Bookstores. Unless you're a mondo gigantico bestseller--and even if you are--you're probably not going to get paid for bookstore appearances, and that's fine. This is one of those instances where the exposure, sales, and interaction with paying customers are sufficient unto themselves. Plus, you can often make contacts at such events that lead to other, paid gigs.

Schools. Personally, I believe schools should pay authors for their time. (Not only for physical visits but for Skype sessions.) The reality, however, is that not all of them do (or at least, not all of them will offer to pay up front, and some will get miffed if the author asks to be compensated). In some cases, this is a simple budgetary matter; some schools are financially strapped, and they genuinely can't afford to pay. In other cases, there might be less savory explanations. But to me, having some quality face time with my target audience--by which I mean not only students but teachers and librarians--makes a freebie worth it. So I always ask to get paid--or, failing that, to have the school order a certain quantity of my books--but I don't turn down a school gig just because they can't pay.

Libraries. In my experience, they seldom pay, or if they do, it's a mere pittance. I believe this is because libraries are chronically underfunded, not because they're clueless; librarians, of all people, recognize the value of a writer's time and labor. But as with schools, the opportunity to chat with young people and schmooze with librarians makes a free visit worth it to me, not only in terms of possible sales but because it's what I like to do. So I ask for money, but I don't turn down an unpaid gig.

Festivals. Unless you're the headliner, forget it. The point of being there is to sell books; no one's going to pay you on top of that. (In fact, the likelihood is that you're going to have to pay to have a table there.) Ditto with conferences (unless, again, you're the headliner). Don't bother asking; you'll look like a rookie and a doofus (not to mention a megalomaniac) if you do.

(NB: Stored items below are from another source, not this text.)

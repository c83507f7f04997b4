-- ===== src/QueryMemory/Actions.antt =====
-- src/runtime/memory.rs: every action of a client keeps the account.
use spark_x_distributed_quer.Base.{
  ℕ, ◌+◌, ◌-◌, ◌≤◌, ◌≡◌, refl, min, some, arith, get_elem?, set, u64_max, Bool, not, ◌&&◌, ◌==◌,
  subst, Bool-cases, Option-cases, inl, inr, checked_add_u64,
}
use spark_x_distributed_quer.Error.{ok, Result-cases}
use spark_x_distributed_quer.QueryMemory.{
  MemoryState, next_reserved, release, Client, Action, start_growth, exchange, try_exchange, act,
  System,
}
use spark_x_distributed_quer.QueryMemory.Clients.{
  IsWithin, Keeps, claims-set, highest-set, claim, mark,
}

-- The invariant after an action that keeps what it must.
pub Keeps-IsWithin :
    (s : System) (i : ℕ) (c c' : Client) (m' : MemoryState)
    → get_elem? s.clients i ≡ some c
    → IsWithin s
    → Keeps s.memory c m' c'
    → IsWithin (record { memory = m'; clients = set s.clients i c' })
Keeps-IsWithin s i c c' m' h w k =
    let (up, down, own) =
      highest-set s.clients i s.memory.peak_bytes m'.peak_bytes c c' h k.peak k.written k.covered in
    record {
      exact = omega (arith, k.exact, w.exact, claims-set s.clients i c c' h);
      within = omega (arith, k.within, k.limit);
      ranged = omega (arith, k.limit, w.ranged);
      peak_within = omega (arith, down, k.marked, w.peak_within, k.limit);
      peaked = omega (arith, k.reached, up, own, w.peaked);
    }

-- What the memory must be when a client is to act.
pub record Ready (m : MemoryState) (c : Client) : Type 0 where
  pub held : claim c ≤ m.reserved_bytes
  pub within : m.reserved_bytes ≤ m.limit_bytes
  pub ranged : m.limit_bytes ≤ u64_max
  pub marked : mark c ≤ m.limit_bytes

pub Keeps-refl : (m : MemoryState) (c : Client) → Ready m c → Keeps m c m c
Keeps-refl m c r = record {
  limit = refl;
  exact = refl;
  within = r.within;
  marked = r.marked;
  peak = omega arith;
  written = omega arith;
  covered = omega arith;
  reached = omega arith;
}

pub release-Keeps :
    (m : MemoryState) (bytes amount : ℕ)
    → amount ≤ bytes
    → Ready m (Client.idle bytes)
    → Keeps m (Client.idle bytes) (release amount m) (Client.idle (bytes - amount))
unfolding release
release-Keeps m bytes amount h r = record {
  limit = ground arith;
  exact = ground (arith, h, r.held);
  within = ground (arith, h, r.held, r.within);
  marked = omega arith;
  peak = ground arith;
  written = ground arith;
  covered = ground arith;
  reached = ground (arith, h, r.held);
}

pub next_reserved-bounds :
    (limit current bytes next : ℕ)
    → next_reserved limit current bytes ≡ ok next
    → (next ≡ current + bytes) × (next ≤ limit)
unfolding next_reserved
next_reserved-bounds limit current bytes next h = ground arith

-- A client that moves on without a write.
pub same_bytes-Keeps :
    (m : MemoryState) (c c' : Client)
    → Ready m c
    → claim c' ≡ claim c
    → mark c ≡ 0
    → mark c' ≡ 0
    → Keeps m c m c'
same_bytes-Keeps m c c' r same unmarked unmarked' = record {
  limit = refl;
  exact = omega (arith, same);
  within = r.within;
  marked = omega (arith, unmarked');
  peak = omega arith;
  written = omega arith;
  covered = omega (arith, unmarked);
  reached = omega arith;
}

pub exchange-Keeps :
    (fails : Bool) (bytes current additional next : ℕ) (m : MemoryState)
    → Ready m (Client.loaded bytes current additional)
    → next_reserved m.limit_bytes current additional ≡ ok next
    → Keeps m
        (Client.loaded bytes current additional)
        (exchange fails bytes current additional next m).0
        (exchange fails bytes current additional next m).1
exchange-Keeps fails bytes current additional next m r e =
    let (sum, low) = next_reserved-bounds m.limit_bytes current additional next e in
    elim (Bool-cases (not fails && m.reserved_bytes == current)) [
      | inl swapped ↦
          let same : m.reserved_bytes ≡ current = ground (arith, swapped) in
          rw swapped (record {
            limit = refl;
            exact = omega arith;
            within = low;
            marked = low;
            peak = omega arith;
            written = omega arith;
            covered = omega arith;
            reached = omega arith;
          })
      | inr kept ↦ rw kept (same_bytes-Keeps m _ _ r refl refl refl)
    ]

pub try_exchange-Keeps :
    (fails : Bool) (bytes current additional : ℕ) (m : MemoryState)
    → Ready m (Client.loaded bytes current additional)
    → Keeps m
        (Client.loaded bytes current additional)
        (try_exchange fails bytes current additional m).0
        (try_exchange fails bytes current additional m).1
unfolding try_exchange
try_exchange-Keeps fails bytes current additional m r =
    elim (Result-cases (next_reserved m.limit_bytes current additional)) [
      | inl (next, e) ↦
          rw (e, try_exchange) (exchange-Keeps fails bytes current additional next m r e)
      | inr (inl (_, e)) ↦ rw (e, try_exchange) (same_bytes-Keeps m _ _ r refl refl refl)
      | inr (inr (_, e)) ↦ rw (e, try_exchange) (same_bytes-Keeps m _ _ r refl refl refl)
    ]

pub start_growth-Keeps :
    (bytes additional : ℕ) (m : MemoryState)
    → Ready m (Client.idle bytes)
    → Keeps m
        (Client.idle bytes)
        (start_growth bytes additional m).0
        (start_growth bytes additional m).1
unfolding start_growth
start_growth-Keeps bytes additional m r = elim (Option-cases (checked_add_u64 bytes additional)) [
  | inl over ↦ rw (over, start_growth) (same_bytes-Keeps m _ _ r refl refl refl)
  | inr (next, e) ↦ rw (e, start_growth) (same_bytes-Keeps m _ _ r refl refl refl)
]

pub act-Keeps :
    (action : Action) (m : MemoryState) (c : Client)
    → Ready m c
    → Keeps m c (act action m c).0 (act action m c).1
unfolding act
act-Keeps (Action.grows additional) m (Client.idle bytes) r =
    start_growth-Keeps bytes additional m r
act-Keeps (Action.exchanges fails) m (Client.loaded bytes current additional) r =
    try_exchange-Keeps fails bytes current additional m r
act-Keeps Action.raises_peak m (Client.exchanged bytes additional next) r = record {
  limit = refl;
  exact = refl;
  within = r.within;
  marked = omega arith;
  peak = omega arith;
  written = omega arith;
  covered = omega arith;
  reached = omega arith;
}
act-Keeps (Action.shrinks amount) m (Client.idle bytes) r =
    release-Keeps m bytes (min amount bytes) (omega arith) r
act-Keeps Action.drops m (Client.idle bytes) r =
    let e : bytes - bytes ≡ 0 = omega arith in
    subst (λ n. Keeps m (Client.idle bytes) (release bytes m) (Client.idle n)) e
      (release-Keeps m bytes bytes (omega arith) r)
act-Keeps _ m c r = Keeps-refl m c r
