-- ===== src/QueryMemory/Budget.antt =====
-- src/runtime/memory.rs: no schedule reserves more than the limit.
use spark_x_distributed_quer.Base.{
  zero, suc, ℕ, zero, suc, ◌+◌, ◌≤◌, ◌≡◌, refl, max, some, List, [], ◌∷◌, arith, get_elem?,
  replicate, u64_max, false, true, checked_add_u64, none, ap, sym, Bool, ◌∙◌, if◌then◌else◌,
  Option-cases, inl, inr, All, leb,
}
use spark_x_distributed_quer.Error.{Result-cases, ok}
use spark_x_distributed_quer.QueryMemory.{
  MemoryState, new_memory, next_reserved, Client, Action, start_growth, try_exchange, exchange, act,
  System, step_client, run_schedule,
}
use spark_x_distributed_quer.QueryMemory.Clients.{
  IsWithin, claims-get, highest-get, claims, mark, highest,
}
use spark_x_distributed_quer.QueryMemory.Actions.{Keeps-IsWithin, Ready, act-Keeps}

act-Ready :
    (s : System) (i : ℕ) (c : Client)
    → get_elem? s.clients i ≡ some c
    → IsWithin s
    → Ready s.memory c
act-Ready s i c h w = record {
  held = omega (arith, claims-get s.clients i c h, w.exact);
  within = w.within;
  ranged = w.ranged;
  marked = omega (arith, highest-get s.clients i s.memory.peak_bytes c h, w.peak_within);
}

step_client-IsWithin : (a : ℕ × Action) (s : System) → IsWithin s → IsWithin (step_client a s)
unfolding step_client
step_client-IsWithin (i, action) s w = elim (Option-cases (get_elem? s.clients i)) [
  | inl nobody ↦ rw nobody w
  | inr (c, h) ↦ rw h (
      Keeps-IsWithin s i c (act action s.memory c).1 (act action s.memory c).0 h w
        (act-Keeps action s.memory c (act-Ready s i c h w)))
]

run_schedule-IsWithin :
    (schedule : List (ℕ × Action)) (s : System) → IsWithin s → IsWithin (run_schedule schedule s)
unfolding run_schedule
run_schedule-IsWithin [] s w = w
run_schedule-IsWithin (a ∷ rest) s w =
    run_schedule-IsWithin rest (step_client a s) (step_client-IsWithin a s w)

-- A memory that nothing has reserved yet, and its clients.
abbrev pub start : ℕ → ℕ → System
start limit_bytes count = record {
  memory = new_memory limit_bytes;
  clients = replicate count (Client.idle 0);
}

claims_start :
    (n : ℕ)
    → (claims (replicate n (Client.idle 0)) ≡ 0) × (highest 0 (replicate n (Client.idle 0)) ≡ 0)
claims_start zero = (refl, refl)
claims_start (suc n) = let (a, b) = claims_start n in (omega arith, omega arith)

start-IsWithin :
    (limit_bytes count : ℕ) → limit_bytes ≤ u64_max → IsWithin (start limit_bytes count)
unfolding new_memory
start-IsWithin limit_bytes count h =
    let (none_held, none_marked) = claims_start count in
    record {
      exact = omega (arith, none_held);
      within = omega arith;
      ranged = omega (arith, h);
      peak_within = omega (arith, none_marked);
      peaked = omega arith;
    }

-- However the clients of one memory interleave, and whichever exchanges fail: the reserved bytes are
-- the sum of the bytes of the clients' reservations, and at most the limit.
pub memory_is_not_overcommitted :
    (limit_bytes count : ℕ) (schedule : List (ℕ × Action))
    → limit_bytes ≤ u64_max
    → let s = run_schedule schedule (start limit_bytes count) in
      (s.memory.reserved_bytes ≡ claims s.clients)
      × (s.memory.reserved_bytes ≤ s.memory.limit_bytes)
memory_is_not_overcommitted limit_bytes count schedule h =
    let w =
      run_schedule-IsWithin schedule (start limit_bytes count)
        (start-IsWithin limit_bytes count h) in
    (w.exact, w.within)

highest-unmarked : (cs : List Client) (p : ℕ) → All (λ c. mark c ≡ 0) cs → highest p cs ≡ p
highest-unmarked [] p h = refl
highest-unmarked (c ∷ cs) p h = omega (arith, h.0, highest-unmarked cs p h.1)

-- However the clients of one memory interleave: whenever no client is between its exchange and its
-- update of the peak, the recorded peak is at least the reserved bytes, and at most the limit.
pub peak_covers_reservations :
    (limit_bytes count : ℕ) (schedule : List (ℕ × Action))
    → limit_bytes ≤ u64_max
    → All (λ c. mark c ≡ 0) (run_schedule schedule (start limit_bytes count)).clients
    → let m = (run_schedule schedule (start limit_bytes count)).memory in
      (m.reserved_bytes ≤ m.peak_bytes) × (m.peak_bytes ≤ m.limit_bytes)
peak_covers_reservations limit_bytes count schedule h quiet =
    let s = run_schedule schedule (start limit_bytes count) in
    let w =
      run_schedule-IsWithin schedule (start limit_bytes count)
        (start-IsWithin limit_bytes count h) in
    let same = highest-unmarked s.clients s.memory.peak_bytes quiet in
    (omega (arith, same, w.peaked), omega (arith, same, w.peak_within))

-- A growth that no other client disturbs, from the load to the update of the peak.
abbrev pub then_act : Action → MemoryState × Client → MemoryState × Client
then_act action (m, c) = act action m c

-- The loop, where some exchanges fail spuriously before one does not.
unfoldable pub exchange_after : ℕ → MemoryState × Client → MemoryState × Client
exchange_after zero s = then_act (Action.exchanges false) s
exchange_after (suc failures) s = exchange_after failures (then_act (Action.exchanges true) s)

unfoldable pub grow_alone : ℕ → ℕ → MemoryState → Client → MemoryState × Client
unfolding exchange_after
grow_alone failures additional m c =
    then_act Action.raises_peak (exchange_after failures (act (Action.grows additional) m c))

exchange_after-idle :
    (failures bytes : ℕ) (m : MemoryState)
    → exchange_after failures (m, Client.idle bytes) ≡ (m, Client.idle bytes)
unfolding exchange_after act
exchange_after-idle zero bytes m = refl
exchange_after-idle (suc failures) bytes m = exchange_after-idle failures bytes m

try_exchange-ok :
    (fails : Bool) (bytes current additional next : ℕ) (m : MemoryState)
    → next_reserved m.limit_bytes current additional ≡ ok next
    → try_exchange fails bytes current additional m ≡ exchange fails bytes current additional next m
unfolding try_exchange
try_exchange-ok fails bytes current additional next m e = rw (e, try_exchange) refl

try_exchange-refused :
    (fails : Bool) (bytes current additional : ℕ) (m : MemoryState)
    → ¬ ((next : ℕ) × (next_reserved m.limit_bytes current additional ≡ ok next))
    → try_exchange fails bytes current additional m ≡ (m, Client.idle bytes)
unfolding try_exchange
try_exchange-refused fails bytes current additional m fails_all =
    elim (Result-cases (next_reserved m.limit_bytes current additional)) [
      | inl (next, e) ↦ absurd (fails_all (next, e))
      | inr (inl (x, e)) ↦ rw (e, try_exchange) refl
      | inr (inr (x, e)) ↦ rw (e, try_exchange) refl
    ]

-- A spurious failure reads the same value again, or finds the limit exceeded as the next pass would.
exchange_after-loaded :
    (failures bytes additional : ℕ) (m : MemoryState)
    → exchange_after failures (m, Client.loaded bytes m.reserved_bytes additional)
      ≡ try_exchange false bytes m.reserved_bytes additional m
unfolding exchange_after act
exchange_after-loaded zero bytes additional m = refl
exchange_after-loaded (suc failures) bytes additional m =
    elim (Result-cases (next_reserved m.limit_bytes m.reserved_bytes additional)) [
      | inl (next, e) ↦
          ap (exchange_after failures)
            (try_exchange-ok true bytes m.reserved_bytes additional next m e)
          ∙ exchange_after-loaded failures bytes additional m
      | inr other ↦
          let over : ¬ (
              (next : ℕ) × (next_reserved m.limit_bytes m.reserved_bytes additional ≡ ok next)) =
            (λ (next, e). absurd (ground (arith, other, e))) in
          ap (exchange_after failures)
            (try_exchange-refused true bytes m.reserved_bytes additional m over)
          ∙ exchange_after-idle failures bytes m
          ∙ sym (try_exchange-refused false bytes m.reserved_bytes additional m over)
    ]

start_growth-some :
    (bytes additional size : ℕ) (m : MemoryState)
    → checked_add_u64 bytes additional ≡ some size
    → start_growth bytes additional m ≡ (m, Client.loaded bytes m.reserved_bytes additional)
unfolding start_growth
start_growth-some bytes additional size m e = rw (e, start_growth) refl

start_growth-none :
    (bytes additional : ℕ) (m : MemoryState)
    → checked_add_u64 bytes additional ≡ none
    → start_growth bytes additional m ≡ (m, Client.idle bytes)
unfolding start_growth
start_growth-none bytes additional m e = rw (e, start_growth) refl

-- A growth that no other client disturbs ends as soon as one exchange does not fail spuriously, however
-- many do before: if the limit admits its bytes, they are added to the reservation, to the memory and,
-- if they exceed it, to the peak; otherwise neither the reservation nor the memory changes.
pub grow_alone-result :
    (failures bytes additional : ℕ) (m : MemoryState)
    → bytes ≤ m.reserved_bytes
    → m.reserved_bytes ≤ m.limit_bytes
    → m.limit_bytes ≤ u64_max
    → grow_alone failures additional m (Client.idle bytes) ≡ (
        if leb (m.reserved_bytes + additional) m.limit_bytes
        then (
          record m {
            reserved_bytes = m.reserved_bytes + additional;
            peak_bytes = max m.peak_bytes (m.reserved_bytes + additional);
          },
          Client.idle (bytes + additional),
        )
        else (m, Client.idle bytes))
unfolding grow_alone act try_exchange next_reserved
grow_alone-result failures bytes additional m h a b =
    elim (Option-cases (checked_add_u64 bytes additional)) [
      | inl over ↦
          ap (λ s. then_act Action.raises_peak (exchange_after failures s))
            (start_growth-none bytes additional m over)
          ∙ ap (then_act Action.raises_peak) (exchange_after-idle failures bytes m)
          ∙ ground (arith, over)
      | inr (size, e) ↦
          ap (λ s. then_act Action.raises_peak (exchange_after failures s))
            (start_growth-some bytes additional size m e)
          ∙ ap (then_act Action.raises_peak) (exchange_after-loaded failures bytes additional m)
          ∙ ground (arith, e)
    ]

Colleges. These folks should pay you. They have money, and if they're the kind of place that wants authors on campus, they're the kind of place that values authorship enough not to be shocked if you ask for money. I recently sat on a thesis defense committee at a local MFA program, and they paid me, as is entirely proper. The only exception you might make here is if a student group asks you to speak on campus; then you might need to explore their budgetary situation.

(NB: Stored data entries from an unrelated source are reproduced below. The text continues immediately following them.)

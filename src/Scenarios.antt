-- ===== src/Scenarios.antt =====
-- Concrete runs at which the theorems apply.
pub mod Setup
pub mod Arrays
mod Filters
mod Histories
mod Methods
mod Plans
mod Storage
mod Waiting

Professional organizations. I recently gave a talk for the Western Pennsylvania chapter of the SCBWI (Society of Children's Book Writers and Illustrators). I didn't ask, or expect, to get paid (though they did give me a B&N gift card). To me, this kind of appearance falls under the category of professional courtesy or obligation, and I wouldn't insist on payment.

Media. Radio, TV, podcast, etc. Obviously, if you're appearing on some major TV talk show, they're going to pay you. Otherwise, not. That's journalism, and it would be pointless to ask the local radio station to pay you for being interviewed on their morning show.

Miscellaneous appearances. Such as, you've been asked to give a keynote address somewhere or other, or to be part of a lecture series, or anything of that nature. There's no doubt in my mind about this one. Payola!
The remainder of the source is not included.